### What is expected
Taking the line with "Edit) × (is_post req ≡ true)" as the first and the line with "run_endpoint-Edits dashboard io" as the last, set down exactly every line in that range from the entries below, and no more.

### Supplied material
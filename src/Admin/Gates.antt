-- ===== src/Admin/Gates.antt =====
-- Who may edit through the handlers of admin.go, and that a request is one edit at most.
pub mod InForce
use in_proxy.Common.{
  ℕ, ◌≡◌, refl, sym, ap, ◌∙◌, subst, Bool, true, false, ◌||◌, ◌⊎◌, List, [], ◌∷◌, Option, none,
  some, Result, ok, err, arith, Bool-cases, Option-cases, Result-cases, inl, inr, all, and_parts,
  map,
}
use in_proxy.Common.Dict.{lookup}
use in_proxy.Text.{Text, codes, ◌==◌, has_prefix}
use in_proxy.Config.Errors.{Fallible}
use in_proxy.Store.{Io, written}
use in_proxy.Store.Runs.{Edit, drop_site, drop_forward, drop_dnat, drop_domain}
use in_proxy.Auth.{ip_allowed}
use in_proxy.Process.{Process, perform}
use in_proxy.Process.Follows.{Follows, perform-Follows}
use in_proxy.Process.InForce.{IsInForce, Follows-IsInForce}
use in_proxy.Admin.{Request, Message, Setup}
use in_proxy.Admin.Forms.{field, site_form, domain_form, forward_form, rule_form, delete_form}
use in_proxy.Admin.Handlers.{
  Report, report_saved, report_deleted, report_forward, report_rule, is_post, has_session, Endpoint,
  login, logout, root, dashboard, save, delete, forwards, save_forward, delete_forward, dnat_page,
  save_dnat, delete_dnat, domains, save_domain, delete_domain, Entry, patterns, or_subtree,
  entry_of, answered, submit, posted, run_endpoint, enter, serve_mux, handle,
}

lookup-all :
    {V : Type 0} (test : V → Bool) (key : Text) (m : List (Text × V)) (v : V)
    → all (λ (e : Text × V). test e.1) m ≡ true
    → lookup ◌==◌ key m ≡ some v
    → test v ≡ true
unfolding lookup
lookup-all test key [] v h e = cc
lookup-all test key ((k, u) ∷ m) v h e = elim (Bool-cases (k == key)) [
  | inl hit ↦ let same : u ≡ v = ground arith in rw (sym same) (and_parts (test u) _ h).0
  | inr miss ↦ lookup-all test key m v (and_parts (test u) _ h).1 (rw miss at e)
]

-- The handlers that stand outside requireAuth edit nothing.
abbrev is_open : Endpoint → Bool
is_open login = true
is_open logout = true
is_open root = true
is_open _ = false

abbrev is_safe : Entry → Bool
is_safe e = e.guarded || is_open e.endpoint

entry_of-is_safe : (path : Text) → is_safe (entry_of path) ≡ true
unfolding entry_of
entry_of-is_safe path = elim (Option-cases (lookup ◌==◌ path patterns)) [
  | inr (e, found) ↦ rw (found, or_subtree) (lookup-all is_safe path patterns e refl found)
  | inl missing ↦ elim (Bool-cases (has_prefix path (codes "/_admin/"))) [
    | inl below ↦ rw (missing, or_subtree) (rw below refl)
    | inr above ↦ rw (missing, or_subtree) (rw above refl)
  ]
]

module _ {Network Address : Type 0} (setup : Setup Network Address) where
  -- The edit that a form asks for, by handler.
  abbrev pub asked : Endpoint → Request → Option (Result Message Edit)
  asked save req = some (site_form setup.read_routes req)
  asked delete req = some (delete_form drop_site (codes "host") req)
  asked save_forward req = some (forward_form req)
  asked delete_forward req = some (delete_form drop_forward (codes "name") req)
  asked save_dnat req = some (rule_form req)
  asked delete_dnat req = some (delete_form drop_dnat (codes "name") req)
  asked save_domain req = some (domain_form setup.read_forwards req)
  asked delete_domain req = some (delete_form drop_domain (codes "host") req)
  asked _ req = none

  -- The process stays, or a posted form asked for an edit and the process is what the edit makes.
  abbrev Edits : Endpoint → Io → Request → Process → Process → Type 0
  Edits e io req p q =
      (q ≡ p)
      ⊎ ((edit : Edit) × (is_post req ≡ true)
          × (asked e req ≡ some (ok edit))
          × (q ≡ (perform setup.world edit io p).1))

  answered-process :
      (base : Text) (report : Report) (o : Fallible (Unit {0}) × Process)
      → (answered setup base report o).1 ≡ o.1
  unfolding answered
  answered-process base report (err e, p) = refl
  answered-process base report (ok u, p) = refl

  posted-Edits :
      (e : Endpoint) (base : Text) (form : Result Message Edit) (report : Report) (io : Io)
      (req : Request) (p : Process)
      → asked e req ≡ some form
      → Edits e io req p (posted setup base form report io req p).1
  unfolding posted submit
  posted-Edits e base form report io req p same = elim (Bool-cases (is_post req)) [
    | inr got ↦ rw got (inl refl)
    | inl sent ↦ elim (Result-cases form) [
      | inr (m, bad) ↦ rw sent (rw (bad, submit) (inl refl))
      | inl (edit, good) ↦ inr (
        edit,
        sent,
        same ∙ ap some good,
        rw sent (rw (good, submit) (answered-process base report (perform setup.world edit io p))),
      )
    ]
  ]

  run_endpoint-Edits :
      (e : Endpoint) (io : Io) (now : ℕ) (req : Request) (p : Process)
      → Edits e io req p (run_endpoint setup e io now req p).1
  unfolding run_endpoint
  run_endpoint-Edits login io now req p = inl refl
  run_endpoint-Edits logout io now req p = inl refl
  run_endpoint-Edits root io now req p = inl refl
  run_endpoint-Edits dashboard io now req p = inl refl
  run_endpoint-Edits forwards io now req p = inl refl
  run_endpoint-Edits dnat_page io now req p = inl refl
  run_endpoint-Edits domains io now req p = inl refl
  run_endpoint-Edits save io now req p =
      posted-Edits save (codes "/_admin") (site_form setup.read_routes req)
        (report_saved (field req (codes "host"))) io req p refl
  run_endpoint-Edits delete io now req p =
      posted-Edits delete (codes "/_admin") (delete_form drop_site (codes "host") req)
        (report_deleted (field req (codes "host"))) io req p refl
  run_endpoint-Edits save_forward io now req p =
      posted-Edits save_forward (codes "/_admin/forwards") (forward_form req)
        (report_forward (field req (codes "name"))) io req p refl
  run_endpoint-Edits delete_forward io now req p =
      posted-Edits delete_forward (codes "/_admin/forwards")
        (delete_form drop_forward (codes "name") req) (report_deleted (field req (codes "name"))) io
        req p refl
  run_endpoint-Edits save_dnat io now req p =
      posted-Edits save_dnat (codes "/_admin/dnat") (rule_form req)
        (report_rule (field req (codes "name"))) io req p refl
  run_endpoint-Edits delete_dnat io now req p =
      posted-Edits delete_dnat (codes "/_admin/dnat") (delete_form drop_dnat (codes "name") req)
        (report_deleted (field req (codes "name"))) io req p refl
  run_endpoint-Edits save_domain io now req p =
      posted-Edits save_domain (codes "/_admin/domains") (domain_form setup.read_forwards req)
        (report_saved (field req (codes "host"))) io req p refl
  run_endpoint-Edits delete_domain io now req p =
      posted-Edits delete_domain (codes "/_admin/domains")
        (delete_form drop_domain (codes "host") req) (report_deleted (field req (codes "host"))) io
        req p refl

  run_endpoint-open :
      (e : Endpoint) (io : Io) (now : ℕ) (req : Request) (p : Process)
      → is_open e ≡ true
      → (run_endpoint setup e io now req p).1 ≡ p
  unfolding run_endpoint
  run_endpoint-open login io now req p h = refl
  run_endpoint-open logout io now req p h = refl
  run_endpoint-open root io now req p h = refl
  run_endpoint-open _ io now req p h = cc

  -- The process stays, or the request was let through.
  abbrev IsAuthorized : Io → ℕ → Request → Process → Process → Type 0
  IsAuthorized io now req p q =
      (q ≡ p)
      ⊎ ((edit : Edit) × (has_session setup now req ≡ true)
          × (is_post req ≡ true)
          × (asked (entry_of req.path).endpoint req ≡ some (ok edit))
          × (q ≡ (perform setup.world edit io p).1))

  opens_only : (e : Entry) → e.guarded ≡ false → is_safe e ≡ true → is_open e.endpoint ≡ true
  opens_only e h k = ground arith

  enter-IsAuthorized :
      (io : Io) (now : ℕ) (req : Request) (p : Process)
      → IsAuthorized io now req p (enter setup (entry_of req.path) io now req p).1
  unfolding enter
  enter-IsAuthorized io now req p =
      let entry = entry_of req.path in
      elim (Bool-cases (has_session setup now req)) [
        | inl valid ↦ elim (Bool-cases entry.guarded) [
          | inl guarded ↦ rw guarded (
              rw valid (elim (run_endpoint-Edits entry.endpoint io now req p) [
                | inl same ↦ inl same
                | inr (edit, sent, form, done) ↦ inr (edit, refl, sent, form, done)
              ]))
          | inr free ↦ rw free (
              inl (
                run_endpoint-open entry.endpoint io now req p
                  (opens_only entry free (entry_of-is_safe req.path))))
        ]
        | inr none_valid ↦ elim (Bool-cases entry.guarded) [
          | inl guarded ↦ rw guarded (rw none_valid (inl refl))
          | inr free ↦ rw free (
              inl (
                run_endpoint-open entry.endpoint io now req p
                  (opens_only entry free (entry_of-is_safe req.path))))
        ]
      ]

  -- A request to the admin page leaves the process as it is, or it comes from an allowed address,
  -- with a valid session, is posted, and the process is what the one edit makes of it that the form
  -- of its path asks for.
  pub handle-authorized :
      (io : Io) (now : ℕ) (req : Request) (p : Process)
      → ((handle setup io now req p).1 ≡ p)
        ⊎ ((edit : Edit) × (ip_allowed setup.parse_ip setup.contains setup.auth req.remote_addr
              ≡ true)
            × (has_session setup now req ≡ true)
            × (is_post req ≡ true)
            × (asked (entry_of req.path).endpoint req ≡ some (ok edit))
            × ((handle setup io now req p).1 ≡ (perform setup.world edit io p).1))
  unfolding handle serve_mux
  handle-authorized io now req p =
      elim (Bool-cases (ip_allowed setup.parse_ip setup.contains setup.auth req.remote_addr)) [
        | inr refused ↦ rw refused (inl refl)
        | inl allowed ↦
            elim (Bool-cases
              (req.method == codes "CONNECT" || setup.clean_path req.path == req.path)) [
                | inr unclean ↦ rw allowed (rw unclean (inl refl))
                | inl clean ↦ elim (enter-IsAuthorized io now req p) [
                  | inl same ↦ rw allowed (rw clean (inl same))
                  | inr (edit, valid, sent, form, done) ↦
                      inr (edit, allowed, valid, sent, form, rw allowed (rw clean done))
                ]
              ]
      ]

### Result
      ⊎ ((edit : Edit) × (is_post req ≡ true)
          × (asked e req ≡ some (ok edit))
          × (q ≡ (perform setup.world edit io p).1))

  answered-process :
      (base : Text) (report : Report) (o : Fallible (Unit {0}) × Process)
      → (answered setup base report o).1 ≡ o.1
  unfolding answered
  answered-process base report (err e, p) = refl
  answered-process base report (ok u, p) = refl

  posted-Edits :
      (e : Endpoint) (base : Text) (form : Result Message Edit) (report : Report) (io : Io)
      (req : Request) (p : Process)
      → asked e req ≡ some form
      → Edits e io req p (posted setup base form report io req p).1
  unfolding posted submit
  posted-Edits e base form report io req p same = elim (Bool-cases (is_post req)) [
    | inr got ↦ rw got (inl refl)
    | inl sent ↦ elim (Result-cases form) [
      | inr (m, bad) ↦ rw sent (rw (bad, submit) (inl refl))
      | inl (edit, good) ↦ inr (
        edit,
        sent,
        same ∙ ap some good,
        rw sent (rw (good, submit) (answered-process base report (perform setup.world edit io p))),
      )
    ]
  ]

  run_endpoint-Edits :
      (e : Endpoint) (io : Io) (now : ℕ) (req : Request) (p : Process)
      → Edits e io req p (run_endpoint setup e io now req p).1
  unfolding run_endpoint
  run_endpoint-Edits login io now req p = inl refl
  run_endpoint-Edits logout io now req p = inl refl
  run_endpoint-Edits root io now req p = inl refl
  run_endpoint-Edits dashboard io now req p = inl refl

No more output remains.